Communication helps parents relate to new college students, but it has its limits

More contact with parents when young adults go to college generally leads to better relationships, but parents should avoid initiating it all the time, according to a study led by Washington State University researchers.

In an article published in the journal Emerging AdulthoodWSU Assistant Professor Jennifer Duckworth and co-authors found that communicating by phone, text, video or in person made first-year students feel better about their relationships with their parents. Students also felt better about the relationship when parents offered support or advice and discussed important topics such as studying and friendships. But the researchers found negative relationships when parents initiated almost all of the communication.

“This could be indicative of overinvolved parenting,” said Duckworth, a lecturer in WSU’s department of human development. “It can be a fine line, but students who have so-called ‘helicopter parents’ may have a more negative view of their relationships with those parents.”

Research shows that it helps when parents are regularly involved in their students’ lives, providing support and discussing issues that are important to their students without overwhelming them.

“Text messages are great for a quick check-in, which can be very beneficial for relationship quality,” says Duckworth. “If a student feels like they have a good relationship, that’s predictive of well-being and positive behaviors, like studying harder and using less alcohol and drugs.”

The study also shows that frequent communication improves relationships between family units.

“We looked at daily levels of parent/student communication, and days with communication were better for the relationship than days without communication,” Duckworth said. “Similarly, days with more communication were better than days with less communication.”

The researchers were surprised at how consistent the findings were.
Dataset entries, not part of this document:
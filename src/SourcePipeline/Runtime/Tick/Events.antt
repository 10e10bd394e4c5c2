-- ===== src/SourcePipeline/Runtime/Tick/Events.antt =====
-- One event's failure does not stop the others.
use hll.Prelude.{
  ℕ, ◌≤◌, String, ◌≡◌, refl, ap, true, List, [], ◌∷◌, arith, is_some, length, All, All-map,
  Option-cases, inl, inr,
}
use hll.Exec.{Result, ok, err, handle, pure, try_except, for_each, ◌>>=◌, ◌>>◌}
use hll.Exec.Steps.{IsPreorder, Steps, after_ok, steps_rules}
use hll.SourcePipeline.Model.{Exception, JobQueueWebhookEvent, Services, State, Action}
use hll.SourcePipeline.Webhook.{event_named, list_pending_events, mark_processed, mark_failed}
use hll.SourcePipeline.Webhook.Marks.{mark_processed_names, mark_failed_names, mark_failed_outcome}
use hll.SourcePipeline.Webhook.Pending.{list_pending_named, length-list_pending_events}
use hll.SourcePipeline.Runtime.Jobs.{write_unit, write_candidate, ask_result}
use hll.SourcePipeline.Runtime.Jobs.Closed.{Closed}
use hll.SourcePipeline.Runtime.Jobs.Submitting.{
  submit_review_then, submit_repair_then, handoff_then, create_alone,
}
use hll.SourcePipeline.Runtime.Tick.{
  Settings, process_webhook_event, handle_event, process_pending_webhook_events,
}
use hll.SourcePipeline.Runtime.Tick.Closure.{process_webhook_event_step, handle_event_step}

module _ {Payload : Type 0} where
  record NamesStay (s t : State Payload) : Type 0 where
    stay : (m : String) → is_some (event_named m s) ≡ true → is_some (event_named m t) ≡ true

  same_events : (s t : State Payload) → t.events ≡ s.events → NamesStay s t
  same_events s t same = record { stay = λ m h. rw same h }

  NamesStay-order : IsPreorder NamesStay
  NamesStay-order = record {
    reflexive = λ s. same_events s s refl;
    transitive = λ s t u p q. record { stay = λ m h. q.stay m (p.stay m h) };
  }

  module _ (svc : Services Payload) where
    NamesStay-closed : Closed svc NamesStay
    unfolding write_unit write_candidate ask_result ◌>>=◌
    NamesStay-closed = record {
      order = NamesStay-order;
      write_unit_step = λ id f. record { at = λ s. same_events s _ refl };
      create_step =
          λ item. record { at = λ s. create_alone svc NamesStay item s (same_events s _ refl) };
      ask_step = λ job_id. record { at = λ s. same_events s _ refl };
      handoff_step = λ id. record {
        at = λ s.
            handoff_then svc NamesStay id s (same_events s s refl) (λ _ _ _. same_events s _ refl)
              (λ _ _ _. same_events s _ refl);
      };
      review_step = λ id s c found _.
          submit_review_then svc NamesStay id s c found (λ _. same_events s _ refl)
            (λ _ _. same_events s _ refl);
      repair_step = λ id review s c found _.
          submit_repair_then svc NamesStay id review s c found (λ _. same_events s _ refl)
            (λ _ _. same_events s _ refl);
      review_terminal_step = λ id state. record { at = λ s. same_events s _ refl };
      repair_terminal_step = λ id state. record { at = λ s. same_events s _ refl };
      mark_processed_step =
          λ n now. record { at = λ s. record { stay = λ m h. mark_processed_names n now s m h } };
      mark_failed_step =
          λ n e now. record { at = λ s. record { stay = λ m h. mark_failed_names n now s m h e } };
      insert_step = λ s c _. same_events s _ refl;
      commit_step = λ s. same_events s _ refl;
      clock_step = λ s now. same_events s _ refl;
    }

    body : ℕ → JobQueueWebhookEvent → Action Payload Unit
    body now event = do process_webhook_event svc event; mark_processed event.event_id now

    body_step : (now : ℕ) (event : JobQueueWebhookEvent) → Steps NamesStay (body now event)
    unfolding body
    body_step now event = search (
      steps_rules,
      NamesStay-order,
      process_webhook_event_step NamesStay-closed,
      λ (n : String) (t : ℕ). NamesStay-closed.mark_processed_step n t,
    )

    marked :
        (now : ℕ) (event : JobQueueWebhookEvent) (r : Result Exception Unit × State Payload)
        → is_some (event_named event.event_id r.1) ≡ true
        → (handle r.0 (λ exc. mark_failed event.event_id exc now) r.1).0 ≡ ok tt
    marked now event (ok _, t) there = refl
    marked now event (err exc, t) there = elim (Option-cases (event_named event.event_id t)) [
      | inl absent ↦ ground arith
      | inr (e, found) ↦ (mark_failed_outcome event.event_id now t e found exc).0
    ]

    handle_event_returns :
        (now : ℕ) (event : JobQueueWebhookEvent) (s : State Payload)
        → is_some (event_named event.event_id s) ≡ true
        → (handle_event svc now event s).0 ≡ ok tt
    unfolding handle_event try_except body
    handle_event_returns now event s there =
        marked now event (body now event s) (((body_step now event).at s).stay event.event_id there)

    loop_returns :
        (now : ℕ) (events : List JobQueueWebhookEvent) (s : State Payload)
        → All (λ (e : JobQueueWebhookEvent). is_some (event_named e.event_id s) ≡ true) events
        → (for_each events (handle_event svc now) s).0 ≡ ok tt
    unfolding for_each
    loop_returns now [] s h = refl
    loop_returns now (e ∷ events) s h =
        rw
          (after_ok (handle_event svc now e) (λ _. for_each events (handle_event svc now)) s tt
            (handle_event_returns now e s h.0))
          (loop_returns now events (handle_event svc now e s).1 (
            All-map
              (λ d there. ((handle_event_step NamesStay-closed now e).at s).stay d.event_id there)
              events h.1))

    -- Whatever an event's processing raises, the batch goes through to its end, and the number of
    -- its events is returned, at most `poll_batch_size`.
    pub process_pending_returns :
        (settings : Settings) (now : ℕ) (s : State Payload)
        → ((process_pending_webhook_events svc settings now s).0
            ≡ ok (length (list_pending_events settings.poll_batch_size s)))
          × (length (list_pending_events settings.poll_batch_size s) ≤ settings.poll_batch_size)
    unfolding process_pending_webhook_events ◌>>=◌
    process_pending_returns settings now s = (
      ap (λ r. r.0)
          (after_ok
            (for_each (list_pending_events settings.poll_batch_size s) (handle_event svc now))
            (λ _. pure (length (list_pending_events settings.poll_batch_size s))) s tt
            (loop_returns now _ s (list_pending_named settings.poll_batch_size s))),
      length-list_pending_events settings.poll_batch_size s,
    )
“On days when students communicated with their parents, were honest, and parents offered support or advice, they reported feeling more positive about their relationships the next day,” she said.

The study looked at the response results of 367 first-year WSU students who participated in a daily survey for seven days. Students were compensated up to $30 if they completed each survey, which was texted to their phones.

Breaking down the data, the authors found several differences. Female students reported more contact days than males and spent more time communicating. They discussed friendships and relationships more, but spent less time discussing time management than males.

Meanwhile, members of racial or ethnic minority groups reported fewer days of communication with their parents. While they spent less time communicating overall, students from minority groups spent more time on the phone and in video chats with their parents than other groups. They also reported being less honest and spending less time studying or talking about grades, drinking or substance use.

“We don’t know why this is the case,” Duckworth said. “It may reflect cultural or contextual differences or differences in parenting styles. It’s definitely an area for future research.”

Duckworth co-authored the paper with WSU colleagues Katherine Forsythe, Brittany Cooper and Laura Hill, and Matthew Bumpus, Director of Research and Community Impact at the Innovia Foundation.